Stored data entries

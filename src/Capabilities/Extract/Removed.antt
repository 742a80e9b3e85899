-- ===== src/Capabilities/Extract/Removed.antt =====
-- What the expansion of COM leaves and the lifting of subscopes leave behind.
use capa_x.Rules.Error.{RuleError}
use capa_x.Prelude.Result.{Result, ◌>>=◌, err, map_ok}
use capa_x.Capabilities.Com.{
  guid_leaves, ComDatabase, guid_to_bytes, translate_com_feature, guids_or_error,
}
use capa_x.Features.{ComKind}
use capa_x.IndexMap
use capa_x.Prelude.{str_eq, String, List, ℕ, Option, ◌∷◌, ◌≡◌, [], subst, none}
use capa_x.Rules.{Node, Statement, NodeList, node}
use capa_x.Capabilities.Extract.Lifting.{lifted_bodies, with_bodies, statement_lifted}
use capa_x.Engine.Meaning.{IsExtracted, StatementIsExtracted, AllExtracted, LeafIsExtracted}
use capa_x.Capabilities.Extract.{
  extract_children, extract_child_list, extract_single_child, Lifted, Result, List, ComKind, ◌∷◌,
  Option, ℕ, RuleError, ok, map_ok, expand_com, com_object, expand_com_node, expand_com_children,
  some,
}

-- No COM leaf is left.
unfoldable mutual
  pub IsExpanded : Node → Type 0
  IsExpanded (node stmt description) = StatementIsExpanded stmt

  pub StatementIsExpanded : Statement → Type 0
  StatementIsExpanded (Statement.and children) = AllExpanded children
  StatementIsExpanded (Statement.or children) = AllExpanded children
  StatementIsExpanded (Statement.not child) = IsExpanded child
  StatementIsExpanded (Statement.some_of count children) = AllExpanded children
  StatementIsExpanded (Statement.range feature min max) = Unit
  StatementIsExpanded (Statement.subscope scope body) = IsExpanded body
  StatementIsExpanded (Statement.leaf feature) = LeafIsExtracted feature

  pub AllExpanded : NodeList → Type 0
  AllExpanded NodeList.nil = Unit
  AllExpanded (NodeList.cons c cs) = IsExpanded c × AllExpanded cs

-- The root of the body is not itself a subscope.
abbrev pub HasPlainRoot : Statement → Type 0
HasPlainRoot (Statement.subscope scope body) = ⊥
HasPlainRoot _ = Unit

mutual
  unfolding IsExpanded IsExtracted extract_children

  statement_removed :
      (s : Statement) (rule_name : String) (l : Lifted)
      → StatementIsExpanded s
      → HasPlainRoot s
      → StatementIsExtracted (extract_children s rule_name l).0
  statement_removed (Statement.and children) r l e p = list_removed children r l e
  statement_removed (Statement.or children) r l e p = list_removed children r l e
  statement_removed (Statement.some_of count children) r l e p = list_removed children r l e
  statement_removed (Statement.not child) r l e p = node_removed child r l e
  statement_removed (Statement.subscope scope body) r l e p = p
  statement_removed (Statement.range feature min max) r l e p = tt
  statement_removed (Statement.leaf feature) r l e p = e

  list_removed :
      (cs : NodeList) (rule_name : String) (l : Lifted)
      → AllExpanded cs
      → AllExtracted (extract_child_list cs rule_name l).0
  list_removed NodeList.nil r l e = tt
  list_removed (NodeList.cons c cs) r l e =
      (node_removed c r l e.0, list_removed cs r (extract_single_child c r l).1 e.1)

  node_removed :
      (n : Node) (rule_name : String) (l : Lifted)
      → IsExpanded n
      → IsExtracted (extract_single_child n rule_name l).0
  node_removed (node (Statement.subscope scope body) d) r (k, lifted) e = tt
  node_removed (node (Statement.and children) d) r l e = list_removed children r l e
  node_removed (node (Statement.or children) d) r l e = list_removed children r l e
  node_removed (node (Statement.some_of count children) d) r l e = list_removed children r l e
  node_removed (node (Statement.not child) d) r l e = node_removed child r l e
  node_removed (node (Statement.range feature min max) d) r l e = tt
  node_removed (node (Statement.leaf feature) d) r l e = e

-- what holds of a value that is returned
abbrev OnOk {ℓ κ} : {E : Type ℓ} {A : Type κ} → (A → Type 0) → Result E A → Type 0
OnOk P (ok a) = P a
OnOk P (err e) = Unit

OnOk-map_ok :
    {A B : Type 0} (P : A → Type 0) (Q : B → Type 0) (f : A → B) (r : Result RuleError A)
    → ((a : A) → P a → Q (f a))
    → OnOk P r
    → OnOk Q (map_ok f r)
OnOk-map_ok P Q f (ok a) h k = h a k
OnOk-map_ok P Q f (err e) h k = tt

OnOk-bind :
    {A B : Type 0} (P : A → Type 0) (Q : B → Type 0) (f : A → Result RuleError B)
    (r : Result RuleError A)
    → ((a : A) → P a → OnOk Q (f a))
    → OnOk P r
    → OnOk Q (r >>= f)
OnOk-bind P Q f (ok a) h k = h a k
OnOk-bind P Q f (err e) h k = tt

abbrev Anything : List ℕ → Type 0
Anything raw = Unit

Anything-returned : (r : Result RuleError (List ℕ)) → OnOk Anything r
Anything-returned (ok raw) = tt
Anything-returned (err e) = tt

guid_leaves-AllExpanded :
    (symbol : String) (guids : List String) → OnOk AllExpanded (guid_leaves symbol guids)
unfolding guid_leaves IsExpanded
guid_leaves-AllExpanded symbol [] = tt
guid_leaves-AllExpanded symbol (guid ∷ guids) =
    OnOk-bind Anything AllExpanded _ (guid_to_bytes guid)
      (λ raw _.
        OnOk-bind AllExpanded AllExpanded _ (guid_leaves symbol guids) (λ rest h. (tt, (tt, h)))
          (guid_leaves-AllExpanded symbol guids))
      (Anything-returned (guid_to_bytes guid))

guids-expanded :
    (name : String) (kind : ComKind) (guids : Option (List String))
    → OnOk StatementIsExpanded (guids_or_error name kind guids)
unfolding IsExpanded
guids-expanded name kind none = tt
guids-expanded name kind (some []) = tt
guids-expanded name kind (some (guid ∷ guids)) =
    OnOk-bind AllExpanded StatementIsExpanded _ _ (λ children h. h)
      (guid_leaves-AllExpanded _ (guid ∷ guids))

module _ (database : ComKind → ComDatabase) where
  mutual
    unfolding IsExpanded expand_com translate_com_feature

    statement_expanded : (s : Statement) → OnOk StatementIsExpanded (expand_com database s)
    statement_expanded (Statement.leaf (com_object kind name)) =
        guids-expanded name kind (IndexMap.get str_eq name (database kind))
    statement_expanded (Statement.leaf feature) = tt
    statement_expanded (Statement.and children) =
        OnOk-map_ok AllExpanded StatementIsExpanded Statement.and
          (expand_com_children database children) (λ cs h. h) (children_expanded children)
    statement_expanded (Statement.or children) =
        OnOk-map_ok AllExpanded StatementIsExpanded Statement.or
          (expand_com_children database children) (λ cs h. h) (children_expanded children)
    statement_expanded (Statement.some_of count children) =
        OnOk-map_ok AllExpanded StatementIsExpanded (Statement.some_of count)
          (expand_com_children database children) (λ cs h. h) (children_expanded children)
    statement_expanded (Statement.not child) =
        OnOk-map_ok IsExpanded StatementIsExpanded Statement.not (expand_com_node database child)
          (λ n h. h) (node-IsExpanded child)
    statement_expanded (Statement.subscope scope body) =
        OnOk-map_ok IsExpanded StatementIsExpanded (Statement.subscope scope)
          (expand_com_node database body) (λ n h. h) (node-IsExpanded body)
    statement_expanded (Statement.range feature min max) = tt

    node-IsExpanded : (n : Node) → OnOk IsExpanded (expand_com_node database n)
    node-IsExpanded (node stmt description) =
        OnOk-map_ok StatementIsExpanded IsExpanded (λ s. node s description)
          (expand_com database stmt) (λ s h. h) (statement_expanded stmt)

    children_expanded : (cs : NodeList) → OnOk AllExpanded (expand_com_children database cs)
    children_expanded NodeList.nil = tt
    children_expanded (NodeList.cons c cs) =
        OnOk-bind IsExpanded AllExpanded _ (expand_com_node database c)
          (λ n h.
            OnOk-map_ok AllExpanded AllExpanded (NodeList.cons n) (expand_com_children database cs)
              (λ ns k. (h, k)) (children_expanded cs))
          (node-IsExpanded c)

-- A body is expanded, and then its subscopes are lifted out. When its root is not itself a subscope, no
-- COM leaf and no subscope is left in it, and what has been lifted out before is followed by its
-- outermost subscopes, each with its scope and its whole body, in the order of the text and under the
-- names of the rule that count on; the counter counts them.
pub extract_children-IsExtracted :
    (database : ComKind → ComDatabase) (stmt expanded : Statement) (rule_name : String) (l : Lifted)
    → expand_com database stmt ≡ ok expanded
    → HasPlainRoot expanded
    → StatementIsExtracted (extract_children expanded rule_name l).0
      × ((extract_children expanded rule_name l).1
          ≡ with_bodies rule_name l (lifted_bodies expanded))
extract_children-IsExtracted database stmt expanded rule_name l h p = (
  statement_removed expanded rule_name l
      (subst (OnOk StatementIsExpanded) h (statement_expanded database stmt)) p,
  statement_lifted expanded rule_name l,
)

◆ **Assignment**: In the data above, which lines lie between the line with "-- what holds of a value that is returned" and the line with "(map_ok f r)", inclusive? Print those lines exactly and nothing else.

◆ **Answer to the exercise**:
-- what holds of a value that is returned
abbrev OnOk {ℓ κ} : {E : Type ℓ} {A : Type κ} → (A → Type 0) → Result E A → Type 0
OnOk P (ok a) = P a
OnOk P (err e) = Unit

OnOk-map_ok :
    {A B : Type 0} (P : A → Type 0) (Q : B → Type 0) (f : A → B) (r : Result RuleError A)
    → ((a : A) → P a → Q (f a))
    → OnOk P r
    → OnOk Q (map_ok f r)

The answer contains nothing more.